Keywords: Compartment Syndromes; Vascular fistula; Ischemia

Introduction

Ischaemic Monomelic Neuropathy (IMN) is a rare peripheral neuropathy complication secondary to an ischaemic injury following the creation of Arteriovenous (AV) fistulae of the upper limb providing access for haemodialysis. The estimated incidence rate of IMN is 0.5% following vascular access procedure, but the exact pathophysiology of IMN is poorly understood [1]. Still, it is caused by an arterial steal, and poor perfusion of vasa nervorum, resulting in multiple axonal loss mononeuropathies in the distal limb [2]. The symptoms commonly occur immediately postoperatively with predominantly neurological signs, but often without notable clinical ischaemia affecting the limb. IMN can lead to permanent functional loss of the affected limb and irreversible chronic pain. Whilst recognised amongst transplant surgeons, a spectrum of ischaemic insults can occur with all forearm structures at risk. We present a case of acute compartment syndrome associated with the revision of the brachiocephalic fistula for haemodialysis access which the diagnosis was delayed.

Case Presentation

A 35-year-old, right-handed male underwent revision of a brachiocephalic fistula for haemodialysis. He had previously undergone a live donor kidney transplant which had failed, and the flow in his existing right-sided fistula had reduced, requiring revision. Under general and regional supraclavicular block anaesthesia, a 6mm GORE® ACUSEAL Vascular Graft (Gore Medical, Arizona, USA) was anastomosed proximal to the previous cephalic vein anastomosis in the upper arm with an end-to-side anastomosis. It was tunnelled distally and anastomosed to the cephalic vein. The hand was perfused following the procedure, and radial artery flow confirmed with handheld doppler.

The patient was reviewed 4 hours postoperatively due to significant pain in the forearm which had been present since the procedure. The right forearm was warm, but the hand slightly cooler, with a digital capillary refill time of 3 seconds.

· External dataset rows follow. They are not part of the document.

-- ===== src/QuotedPrintable/Reader.antt =====
-- quotedprintable/reader.go. `r.last` is always the front of `r.prev`, or what a read has left of it,
-- and `r.prev` is only written just before `r.last` is taken from it again, so that both are values.
use mime.Base.Bytes
use mime.Multipart.Bufio
use mime.Base.Array
use mime.Base.{
  ℕ, zero, suc, ◌+◌, ◌-◌, ◌*◌, ◌%◌, List, [], ◌∷◌, ◌++◌, reverse, Bool, true, false, ◌||◌, Option,
  none, some, ltb, ◌==◌, if◌then◌else◌, within, take, drop, length, ◌≡◌, refl,
}
use Prim.Native.String.{String}
use mime.Base.Array.{◌>>=◌, store}
use mime.Base.Bytes.{Bytes, codes, has_prefix, has_suffix}
use mime.Base.Result.{Result, ok, err}
use mime.Multipart.Bufio.{ReadError, eof, buffer_full, failed, BufReader, read_slice}

pub data QpError : Type 0 where
  invalid_hex : ℕ → QpError
  unexpected_eof : QpError
  bytes_after_equals : Bytes → QpError
  unescaped_byte : ℕ → QpError
  read_error : ReadError → QpError

-- `RErr`: the errors that are recorded, and the one that ends the reading
pub record RErr : Type 0 where
  pub errs : List QpError
  pub err : Option QpError

abbrev pub max_qpr_err : ℕ
max_qpr_err = 4

abbrev pub max_qp_buf : ℕ
max_qp_buf = 3

-- `add` of an error that is not nil
unfoldable pub add : QpError → RErr → RErr
add e q = if length q.errs == max_qpr_err then q else record q { errs = q.errs ++ (e ∷ []) }

-- `addUnrecover`
unfoldable pub add_unrecover : Option ReadError → RErr → RErr
add_unrecover none q = q
add_unrecover (some e) q = record q { err = some (read_error e) }

abbrev pub first_or : List QpError → Option QpError → Option QpError
first_or [] o = o
first_or (e ∷ es) o = some e

-- `getErr`
unfoldable pub get_err : RErr → Option QpError
get_err q = first_or q.errs q.err

-- `Reader`; `strict` says which of the two functions stands in `Fn`
pub record Reader : Type 0 where
  pub strict : Bool
  pub br : BufReader
  pub gerr : RErr
  pub rerr : Option QpError
  pub line : Bytes
  pub prev : List ℕ
  pub last : Bytes

-- `NewReader` and `NewStrictReader`
abbrev pub new_reader : Bool → BufReader → Reader
new_reader strict br = record {
  strict = strict;
  br = br;
  gerr = record { errs = []; err = none };
  rerr = none;
  line = [];
  prev = 0 ∷ 0 ∷ 0 ∷ 0 ∷ [];
  last = [];
}

-- `r.Fn()`
unfoldable pub fn : Reader → Option QpError
fn r = if r.strict then get_err r.gerr else r.gerr.err

unfoldable pub from_hex : ℕ → Result QpError ℕ
from_hex b =
    if within b'0' b'9' b
    then ok (b - b'0')
    else if within b'A' b'F' b
    then ok (b - b'A' + 10)
    else if within b'a' b'f' b
    then ok (b - b'a' + 10)
    else err (invalid_hex b)

-- `hb<<4 | lb` in a byte, where `hb` was read
abbrev pub low_half : ℕ → Result QpError ℕ → Result QpError ℕ
low_half hb (ok lb) = ok (hb * 16 % 256 + lb)
low_half hb (err e) = err e

abbrev pub both_halves : Result QpError ℕ → ℕ → Result QpError ℕ
both_halves (ok hb) b = low_half hb (from_hex b)
both_halves (err e) b = err e

unfoldable pub read_hex_byte : Bytes → Result QpError ℕ
read_hex_byte [] = err unexpected_eof
read_hex_byte (a ∷ []) = err unexpected_eof
read_hex_byte (a ∷ b ∷ _) = both_halves (from_hex a) b

abbrev pub is_qp_discard_whitespace : ℕ → Bool
is_qp_discard_whitespace r = r == b'\n' || r == b'\r' || r == b' ' || r == b'\t'

unfoldable pub trim_left : Bytes → Bytes
trim_left [] = []
trim_left (b ∷ s) = if is_qp_discard_whitespace b then trim_left s else b ∷ s

-- `bytes.TrimRightFunc` with `isQPDiscardWhitespace`, whose characters are single bytes
unfoldable pub trim_right : Bytes → Bytes
trim_right s = reverse (trim_left (reverse s))

abbrev lf : Bytes
lf = b'\n' ∷ []

abbrev crlf : Bytes
crlf = b'\r' ∷ b'\n' ∷ []

abbrev read_error_of : Option ReadError → Option QpError
read_error_of none = none
read_error_of (some e) = some (read_error e)

-- what becomes of a line: the bytes, and what stands behind its `=` if that is no line end
unfoldable pub cook : Bytes → Bytes × Option Bytes
cook whole =
    let line = trim_right whole in
    let stripped = drop (length line) whole in
    if has_suffix line (b'=' ∷ [])
    then (
      take (length line - 1) line,
      if has_prefix stripped lf || has_prefix stripped crlf then none else some stripped,
    )
    else if has_suffix whole lf
    then (line ++ (if has_suffix whole crlf then crlf else lf), none)
    else (line, none)

abbrev pub with_line : Bytes × Option Bytes → Option ReadError → BufReader → Reader → Reader
with_line (line, none) e br r = record r {
  br = br;
  line = line;
  rerr = read_error_of e;
  gerr = add_unrecover e r.gerr;
}
with_line (line, some after) e br r = record r {
  br = br;
  line = line;
  rerr = some (bytes_after_equals after);
  gerr = add (bytes_after_equals after) (add_unrecover e r.gerr);
}

-- the line that `ReadSlice` gave
unfoldable pub take_line : Bytes × Option ReadError × BufReader → Reader → Reader
take_line (line, some buffer_full, br) r = record r {
  br = br;
  line = line;
  rerr = some (read_error buffer_full);
  gerr = add (read_error buffer_full) r.gerr;
}
take_line (line, some eof, br) r = with_line (cook line) (some eof) br r
take_line (line, some (failed e), br) r = with_line (cook line) (some (failed e)) br r
take_line (line, none, br) r = with_line (cook line) none br r

-- A round of the loop of `Read`: it returns, it gives a byte, or it goes on.
pub data Round : Type 0 where
  returns : Reader → Bytes → QpError → Round
  gives : Reader → ℕ → Round
  goes_on : Reader → Round

-- the round where the line is empty, with room for `n` bytes
unfoldable pub fill : ℕ → Reader → Round
fill n r = elim (fn r) [
  | some e ↦ returns (record r { last = drop n r.last }) (take n r.last) e
  | none ↦ goes_on (take_line (read_slice r.br) r)
]

-- the bytes stored in the array from an index on; `none` is a panic
unfoldable pub store_all : Bytes → ℕ → List ℕ → Option (List ℕ)
store_all [] i prev = some prev
store_all (b ∷ s) i prev = store prev i b >>= λ prev'. store_all s (suc i) prev'

abbrev pub is_cut : QpError → Option QpError → Bool
is_cut unexpected_eof (some (read_error buffer_full)) = true
is_cut _ _ = false

-- all of the line held back, with `n` bytes in the array
abbrev pub hold : ℕ → Reader → Option (List ℕ) → Option Round
hold n r none = none
hold n r (some prev) = some (goes_on (record r { prev = prev; last = take n prev; line = [] }))

-- the round for a `=` in the line with `s` behind it
abbrev pub escape : Bytes → Result QpError ℕ → Reader → Option Round
escape s (ok b) r = some (gives (record r { line = drop 2 s }) b)
escape s (err e) r =
    if is_cut e r.rerr
    then hold (suc (length s)) r (store_all (b'=' ∷ s) 0 r.prev)
    else some (gives (record r { line = s; gerr = add e r.gerr }) b'=')

abbrev pub literal : ℕ → Bytes → Reader → Round
literal b s r =
    if b == b'\t' || b == b'\r' || b == b'\n'
    then gives (record r { line = s }) b
    else if ltb b b' ' || ltb b'~' b
    then gives (record r { line = s; gerr = add (unescaped_byte b) r.gerr }) b
    else gives (record r { line = s }) b

-- the round where nothing is held back; `none` is a panic
unfoldable pub plain : Bytes → Reader → Option Round
plain [] r = none
plain (b ∷ s) r = if b == b'=' then escape s (read_hex_byte s) r else some (literal b s r)

-- the bytes held back, after `=` was completed
abbrev pub completed : List ℕ → Bytes → Result QpError ℕ → Reader → Round
completed prev s (ok b) r =
    gives (record r { prev = prev; line = s; last = drop 3 (take max_qp_buf prev) }) b
completed prev s (err e) r =
    gives
      (record r {
        prev = prev;
        line = s;
        last = drop 1 (take max_qp_buf prev);
        gerr = add e r.gerr;
      })
      b'='

-- the rest of an escape, of which `n` bytes are held back
unfoldable pub complete : ℕ → Reader → Option Round
complete n r =
    let diff = max_qp_buf - n in
    if ltb (length r.line) diff
    then none
    else store_all (take diff r.line) n r.prev >>= λ prev.
        some (completed prev (drop diff r.line) (read_hex_byte (drop 1 (take max_qp_buf prev))) r)

-- the round where a line end follows the `=` that is held back
abbrev pub soft_break : Bytes → Reader → Option Round
soft_break [] r = some (goes_on (record r { line = []; last = [] }))
soft_break (b ∷ s) r = plain (b ∷ s) (record r { line = b ∷ s; last = [] })

-- the round where bytes are held back, the first of which is given
unfoldable pub held : ℕ → Bytes → Reader → Option Round
held b s r =
    if b == b'='
    then if length s == 0
      then if has_prefix r.line lf
        then soft_break (drop 1 r.line) r
        else if has_prefix r.line crlf
        then soft_break (drop 2 r.line) r
        else if ltb (length r.line) 2
        then hold 2 r (store_all r.line 1 r.prev)
        else complete 1 r
      else complete (suc (length s)) r
    else some (gives (record r { last = s }) b)

abbrev pub with_last : Bytes → Reader → Option Round
with_last [] r = plain r.line r
with_last (b ∷ s) r = held b s r

-- a round of `Read` with room for `n` bytes
unfoldable pub round : ℕ → Reader → Option Round
round n r = if length r.line == 0 then some (fill n r) else with_last r.last r

abbrev pub ReadResult : Type 0
ReadResult = Reader × Bytes × Option QpError

abbrev pub put : ℕ → ReadResult → ReadResult
put b (r, d, e) = (r, b ∷ d, e)

-- `Read` into `n` bytes, on fuel: what was written and the error. `none` is a panic, or too little
-- fuel.
unfoldable pub read : ℕ → ℕ → Reader → Option ReadResult
read fuel zero r = some (r, [], none)
read zero (suc n) r = none
read (suc fuel) (suc n) r = elim (round (suc n) r) [
  | none ↦ none
  | some (returns r' d e) ↦ some (r', d, some e)
  | some (goes_on r') ↦ read fuel (suc n) r'
  | some (gives r' b) ↦ read fuel n r' >>= λ q. some (put b q)
]

-- unfolds what a test of this file computes with
unfoldable pub computes : Unit {0}
unfolding add add_unrecover get_err fn from_hex read_hex_byte trim_left trim_right cook take_line
    fill store_all plain complete held round read Bytes.computes Array.computes Bufio.computes
computes = tt

abbrev of_text : String → Reader
of_text s = new_reader false (record { rest = codes s; fail = none })

abbrev given : Option ReadResult → Option (Bytes × Option QpError)
given none = none
given (some (r, d, e)) = some (d, e)

read_text :
    (given (read 40 20 (of_text "a=3Db \t\r\nc=\r\nd=3x="))
      ≡ some (codes "a=b\r\ncd=3x", some (read_error eof)))
    × (given (read 40 3 (of_text "a=3Db")) ≡ some (codes "a=b", none))
unfolding computes
read_text = (refl, refl)

-- With `=` held back, `=Zabc` on the line and no more to come, `==Zabc` would be right.
overwritten_text :
    given (
      read 40 20 (record (of_text "") {
        line = codes "=Zabc";
        prev = b'=' ∷ 0 ∷ 0 ∷ 0 ∷ [];
        last = codes "=";
      }))
    ≡ some (codes "=====c", some (read_error eof))
unfolding computes
overwritten_text = refl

Further analgesia was prescribed.

The patient was reviewed overnight with the same complaint of significant pain which was improved at rest. There was sensory disturbance to the entire hand in all territories distal to the wrist, and weakness of both the intrinsics and long flexors and extensors to the digits. The capillary refill time was <2 seconds and the hand warm, however the radial pulse could not be palpated. There was no collection at the surgical site. A fentanyl PCA was commenced, with a diagnosis of IMN considered and the sensory disturbance was considered a consequence of the regional block wearing off.The following morning, approximately 18 hours postoperatively, due to persistent sensory disturbance, pain, and a contracture of the digits, the patient was returned to theatre for exploration. It was identified that there was no flow in the radial and ulnar arteries whilst the graft was patent. When clamped, normal flow was restored, demonstrating a significant vascular steal. The graft was tied off and wounds were closed.The patient was referred to the upper limb service following this secondary procedure as his symptoms had not improved. On examination, the right hand was held in a clawed position, with pain on passive extension of the digits, a tense volar compartment of the forearm, and paraesthesia to the entire hand distal to the wrist crease, suggestive of median, ulnar, and superficial branch of radial nerve palsy involvement. Creatinine kinase was 5894 (Figure 1). A clinical diagnosis of compartment syndrome was made, and the patient planned for return theatre for right forearm fasciotomy.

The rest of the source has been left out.